▶ _PROBLEM REQUIREMENTS_:
Repeat nothing but the lines below running from the one containing "(call_of uri) rs) c" to the one containing "In-map uri k [] i = elim i [ ]". Keep both end lines.

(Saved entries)
○ ○ ○

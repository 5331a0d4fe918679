-- ===== src/TtlCache/Sources.antt =====
-- Where the answers of the caches in pkg/credential and pkg/identity come from.
use lhotse_agent.Prelude.{
  append_assoc, append-nil, ℕ, ◌+◌, ◌<◌, ◌≡◌, refl, sym, ap, ◌∙◌, subst, inl, inr, List, [], ◌∷◌,
  ◌++◌, Option, none, some, ltb, ltb→lt, lt→ltb, Str, str_eq, str_eq_sound, lookup, delete,
  lookup-insert, lookup-insert_self, lookup-delete, Bool-cases, In, here, In-append_left,
  In-append_right,
}
use lhotse_agent.TtlCache.{
  Entry, Cache, Answer, keeps, passes, fails, ok, Call, store_answer, resolve_found, resolve, run,
}

module _ {ℓ κ} {V : Type ℓ} {E : Type κ} where
  -- The entry was stored by a call with the same key, to which the service answered its value.
  pub record Stored (ks : List (Call V E)) (key : Str) (entry : Entry V) : Type (ℓ ⊔ κ) where
    pub call : Call V E
    pub ttl : ℕ
    pub happened : In call ks
    pub same_key : call.key ≡ key
    pub answered : call.answer ≡ keeps entry.value ttl
    pub expires : entry.expires_at ≡ call.stored_at + ttl

  -- Every entry of the cache was stored by one of the calls.
  pub IsStored : List (Call V E) → Cache V → Type (ℓ ⊔ κ)
  IsStored ks c = (key : Str) (entry : Entry V) → lookup key c ≡ some entry → Stored ks key entry

  -- A value that a call may return: the service answered it to this very call, or to an earlier call
  -- with the same key, whose time to live has not passed.
  pub data Source (ks : List (Call V E)) (k : Call V E) (v : V) : Type (ℓ ⊔ κ) where
    asked_and_kept : (ttl : ℕ) → k.answer ≡ keeps v ttl → Source ks k v
    asked : k.answer ≡ passes v → Source ks k v
    remembered :
        (call : Call V E) (ttl : ℕ)
        → In call ks
        → call.key ≡ k.key
        → call.answer ≡ keeps v ttl
        → k.checked_at < call.stored_at + ttl
        → Source ks k v

  Stored-later :
      {ks : List (Call V E)} {key : Str} {entry : Entry V} (more : List (Call V E))
      → Stored ks key entry
      → Stored (ks ++ more) key entry
  Stored-later more s = record {
    call = s.call;
    ttl = s.ttl;
    happened = In-append_left more s.happened;
    same_key = s.same_key;
    answered = s.answered;
    expires = s.expires;
  }

  delete-IsStored :
      (ks : List (Call V E)) (key : Str) (c : Cache V) → IsStored ks c → IsStored ks (delete key c)
  unfolding IsStored
  delete-IsStored ks key c w j entry h = elim (Bool-cases (str_eq key j)) [
    | inl same ↦ absurd (let clash = rw (lookup-delete key j c, same) at h in cc)
    | inr other ↦ w j entry (rw (lookup-delete key j c, other) at h)
  ]

  store_answer-IsStored :
      (ks : List (Call V E)) (k : Call V E) (a : Answer V E) (c : Cache V)
      → k.answer ≡ a
      → IsStored ks c
      → IsStored (ks ++ k ∷ []) (store_answer k.key k.stored_at a c).0
  unfolding store_answer IsStored
  store_answer-IsStored ks k (passes v) c e w j entry h = Stored-later (k ∷ []) (w j entry h)
  store_answer-IsStored ks k (fails x) c e w j entry h = Stored-later (k ∷ []) (w j entry h)
  store_answer-IsStored ks k (keeps v ttl) c e w j entry h = elim (Bool-cases (str_eq k.key j)) [
    | inr other ↦ Stored-later (k ∷ []) (w j entry (rw (lookup-insert k.key j _ c, other) at h))
    | inl same ↦
        let kept : record { value = v; expires_at = k.stored_at + ttl } ≡ entry =
          cc (rw (lookup-insert k.key j _ c, same) at h) in
        record {
          call = k;
          ttl = ttl;
          happened = In-append_right ks (here []);
          same_key = str_eq_sound k.key j same;
          answered = e ∙ ap (λ (x : Entry V). keeps x.value ttl) kept;
          expires = sym (ap (λ (x : Entry V). x.expires_at) kept);
        }
  ]

  resolve_found-IsStored :
      (ks : List (Call V E)) (k : Call V E) (c : Cache V) (o : Option (Entry V))
      → IsStored ks c
      → IsStored (ks ++ k ∷ []) (resolve_found k c o).0
  unfolding resolve_found IsStored
  resolve_found-IsStored ks k c none w = store_answer-IsStored ks k k.answer c refl w
  resolve_found-IsStored ks k c (some entry) w =
      elim (Bool-cases (ltb k.checked_at entry.expires_at)) [
        | inl fresh ↦ rw fresh (λ j x h. Stored-later (k ∷ []) (w j x h))
        | inr old ↦ rw old (
            store_answer-IsStored ks k k.answer (delete k.key c) refl
              (delete-IsStored ks k.key c w))
      ]

  run-IsStored :
      (before ks : List (Call V E)) (c : Cache V)
      → IsStored before c
      → IsStored (before ++ ks) (run ks c)
  unfolding run resolve
  run-IsStored before [] c w =
      subst (λ (b : List (Call V E)). IsStored b c) (sym (append-nil before)) w
  run-IsStored before (k ∷ ks) c w =
      subst (λ (b : List (Call V E)). IsStored b (run ks (resolve k c).0))
        (append_assoc before (k ∷ []) ks)
        (run-IsStored (before ++ k ∷ []) ks (resolve k c).0
          (resolve_found-IsStored before k c (lookup k.key c) w))

  store_answer-Source :
      (ks : List (Call V E)) (k : Call V E) (a : Answer V E) (c : Cache V) (v : V)
      → k.answer ≡ a
      → (store_answer k.key k.stored_at a c).1 ≡ ok v
      → Source ks k v
  unfolding store_answer
  store_answer-Source ks k (keeps x ttl) c v e h =
      let same : x ≡ v = cc in asked_and_kept ttl (e ∙ ap (λ (y : V). keeps y ttl) same)
  store_answer-Source ks k (passes x) c v e h = let same : x ≡ v = cc in asked (e ∙ ap passes same)
  store_answer-Source ks k (fails x) c v e h = absurd (let clash = h in cc)

  resolve_found-Source :
      (ks : List (Call V E)) (k : Call V E) (c : Cache V) (o : Option (Entry V)) (v : V)
      → IsStored ks c
      → lookup k.key c ≡ o
      → (resolve_found k c o).1 ≡ ok v
      → Source ks k v
  unfolding resolve_found IsStored
  resolve_found-Source ks k c none v w e h = store_answer-Source ks k k.answer c v refl h
  resolve_found-Source ks k c (some entry) v w e h =
      elim (Bool-cases (ltb k.checked_at entry.expires_at)) [
        | inr old ↦ store_answer-Source ks k k.answer (delete k.key c) v refl (rw old at h)
        | inl fresh ↦
            let s = w k.key entry e in
            let same : entry.value ≡ v = cc (rw fresh at h) in
            remembered s.call s.ttl s.happened s.same_key
              (s.answered ∙ ap (λ (y : V). keeps y s.ttl) same)
              (subst (λ (t : ℕ). k.checked_at < t) s.expires
                (ltb→lt k.checked_at entry.expires_at fresh))
      ]

  -- After any calls on a cache that was empty, the value that one more call returns has a source.
  pub resolve-run-Source :
      (ks : List (Call V E)) (k : Call V E) (v : V)
      → (resolve k (run ks [])).1 ≡ ok v
      → Source ks k v
  unfolding resolve IsStored lookup
  resolve-run-Source ks k v h =
      resolve_found-Source ks k (run ks []) (lookup k.key (run ks [])) v
        (run-IsStored [] ks [] (λ key entry e. cc)) refl h

  -- Within its time to live a kept value is returned again, whatever the service would answer.
  pub resolve-again :
      (k later : Call V E) (c : Cache V) (v : V) (ttl : ℕ)
      → lookup k.key c ≡ none
      → k.answer ≡ keeps v ttl
      → later.key ≡ k.key
      → later.checked_at < k.stored_at + ttl
      → resolve later (resolve k c).0 ≡ ((resolve k c).0, ok v)
  unfolding resolve resolve_found store_answer
  resolve-again k later c v ttl missing answered same fresh =
      rw
        (
          missing,
          answered,
          same,
          lookup-insert_self k.key (record { value = v; expires_at = k.stored_at + ttl }) c,
          lt→ltb later.checked_at (k.stored_at + ttl) fresh,
        )
        refl
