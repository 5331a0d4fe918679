-- ===== src/Credential/Answers.antt =====
-- Which vault answer the resolver of pkg/credential/resolver.go returns.
use lhotse_agent.Prelude.{
  In-cons, inr, inl, ℕ, ◌+◌, ◌<◌, ◌≡◌, refl, sym, ap, ◌∙◌, subst, List, [], ◌∷◌, ◌++◌, map, Option,
  false, Str, is_empty, In, here, there,
}
use lhotse_agent.TtlCache.{Cache, Answer, keeps, passes, fails, Result, ok, err, run}
use lhotse_agent.TtlCache.Sources.{Source, asked, asked_and_kept, remembered, resolve-run-Source}
use lhotse_agent.Credential.{
  Credential, Error, Request, fetch, fmt_key, ttl, to_answer, call, resolve, resolves,
}
use lhotse_agent.TtlCache

-- The vault's answer to a request.
abbrev pub vault_answer : Str → Request → Result (Option Credential) Error
vault_answer uri r = fetch r.world uri r.agent_id r.target_host r.user_id

abbrev pub key_of : Request → Str
key_of r = fmt_key r.agent_id r.target_host r.user_id

-- A result is the vault's answer to this request, or to an earlier one with the same key that was
-- stored less than the time to live ago.
pub data AnswerOf (uri : Str) (rs : List Request) (r : Request) (c : Option Credential)
    : Type 0 where
  fetched_now : vault_answer uri r ≡ ok c → AnswerOf uri rs r c
  still_cached :
      (q : Request)
      → In q rs
      → key_of q ≡ key_of r
      → vault_answer uri q ≡ ok c
      → r.world.checked_at < q.world.stored_at + ttl
      → AnswerOf uri rs r c

call_of : Str → Request → TtlCache.Call (Option Credential) Error
call_of uri r = call r.world uri r.agent_id r.target_host r.user_id

resolves-run :
    (uri : Str) (rs : List Request) (c : Cache (Option Credential))
    → is_empty uri ≡ false
    → resolves uri rs c ≡ run (map (call_of uri) rs) c
unfolding resolves run resolve call_of
resolves-run uri [] c set = refl
resolves-run uri (r ∷ rs) c set =
    rw set (resolves-run uri rs (TtlCache.resolve (call_of uri r) c).0 set)

In-map :
    (uri : Str) (k : TtlCache.Call (Option Credential) Error) (rs : List Request)
    → In k (map (call_of uri) rs)
    → (q : Request) × In q rs × (call_of uri q ≡ k)
In-map uri k [] i = elim i [ ]
In-map uri k (r ∷ rs) i = elim (In-cons i) [
  | inl e ↦ (r, here rs, e)
  | inr later ↦ let (q, j, e) = In-map uri k rs later in (q, there r j, e)
]

to_answer_keeps :
    (a : Result (Option Credential) Error) (c : Option Credential) (t : ℕ)
    → to_answer a ≡ keeps c t
    → (a ≡ ok c) × (ttl ≡ t)
unfolding to_answer
to_answer_keeps (ok x) c t e = (cc, cc)
to_answer_keeps (err x) c t e = absurd (let clash = e in cc)

to_answer-passes :
    (a : Result (Option Credential) Error) (c : Option Credential) → to_answer a ≡ passes c → ⊥
unfolding to_answer
to_answer-passes (ok x) c e = cc
to_answer-passes (err x) c e = cc

Source-AnswerOf :
    (uri : Str) (rs : List Request) (r : Request) (c : Option Credential)
    → Source (map (call_of uri) rs) (call_of uri r) c
    → AnswerOf uri rs r c
unfolding call_of call
Source-AnswerOf uri rs r c (asked_and_kept t e) =
    fetched_now (to_answer_keeps (vault_answer uri r) c t e).0
Source-AnswerOf uri rs r c (asked e) = absurd (to_answer-passes (vault_answer uri r) c e)
Source-AnswerOf uri rs r c (remembered k t i same e fresh) =
    let (q, j, is_q) = In-map uri k rs i in
    let kept =
      to_answer_keeps (vault_answer uri q) c t
        (ap (λ (x : TtlCache.Call (Option Credential) Error). x.answer) is_q ∙ e) in
    still_cached q j (ap (λ (x : TtlCache.Call (Option Credential) Error). x.key) is_q ∙ same)
      kept.0
      (subst (λ (n : ℕ). r.world.checked_at < q.world.stored_at + n) (sym kept.1)
        (subst (λ (n : ℕ). r.world.checked_at < n + t)
          (sym (ap (λ (x : TtlCache.Call (Option Credential) Error). x.stored_at) is_q)) fresh))

-- With a vault configured, and after any history of calls on an empty cache, what Resolve returns
-- without an error is the vault's answer to this call, or its answer to an earlier call with the
-- same cache key, stored less than 30 seconds before.
pub resolve-AnswerOf :
    (uri : Str) (rs : List Request) (r : Request) (c : Option Credential)
    → is_empty uri ≡ false
    → (resolve r.world uri r.agent_id r.target_host r.user_id (resolves uri rs [])).1 ≡ ok c
    → AnswerOf uri rs r c
unfolding resolve call_of
resolve-AnswerOf uri rs r c set h = Source-AnswerOf uri rs r c (
    resolve-run-Source (map (call_of uri) rs) (call_of uri r) c (
      subst (λ (m : Cache (Option Credential)). (TtlCache.resolve (call_of uri r) m).1 ≡ ok c)
        (resolves-run uri rs [] set) (rw set at h)))

abbrev pub NoColon : Str → Type 0
NoColon s = In 58 s → ⊥

cut_colon :
    (a b x y : Str) → NoColon a → NoColon b → a ++ (58 ∷ x) ≡ b ++ (58 ∷ y) → (a ≡ b) × (x ≡ y)
cut_colon [] [] x y na nb e = (refl, cc)
cut_colon [] (c ∷ b) x y na nb e =
    absurd (nb (let same : 58 ≡ c = cc in subst (λ (n : ℕ). In 58 (n ∷ b)) same (here b)))
cut_colon (c ∷ a) [] x y na nb e =
    absurd (na (let same : 58 ≡ c = cc in subst (λ (n : ℕ). In 58 (n ∷ a)) same (here a)))
cut_colon (c ∷ a) (d ∷ b) x y na nb e =
    let tails : a ++ (58 ∷ x) ≡ b ++ (58 ∷ y) = cc in
    let same : c ≡ d = cc in
    let (eq, rest) = cut_colon a b x y (λ i. na (there c i)) (λ i. nb (there d i)) tails in
    (cc, rest)

-- Two calls whose agent ids and hosts have no colon share a cache entry only if they ask for the
-- same agent, host and user.
pub fmt_key_injective :
    (agent agent' host host' user user' : Str)
    → NoColon agent
    → NoColon agent'
    → NoColon host
    → NoColon host'
    → fmt_key agent host user ≡ fmt_key agent' host' user'
    → (agent ≡ agent') × (host ≡ host') × (user ≡ user')
unfolding fmt_key
fmt_key_injective agent agent' host host' user user' na na' nh nh' e =
    let outer = cut_colon agent agent' _ _ na na' e in
    let inner = cut_colon host host' user user' nh nh' outer.1 in (outer.0, inner.0, inner.1)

○ ○ ○

▶ _ANSWER BOX_:
    → resolves uri rs c ≡ run (map (call_of uri) rs) c
unfolding resolves run resolve call_of
resolves-run uri [] c set = refl
resolves-run uri (r ∷ rs) c set =
    rw set (resolves-run uri rs (TtlCache.resolve (call_of uri r) c).0 set)

In-map :
    (uri : Str) (k : TtlCache.Call (Option Credential) Error) (rs : List Request)
    → In k (map (call_of uri) rs)
    → (q : Request) × In q rs × (call_of uri q ≡ k)
In-map uri k [] i = elim i [ ]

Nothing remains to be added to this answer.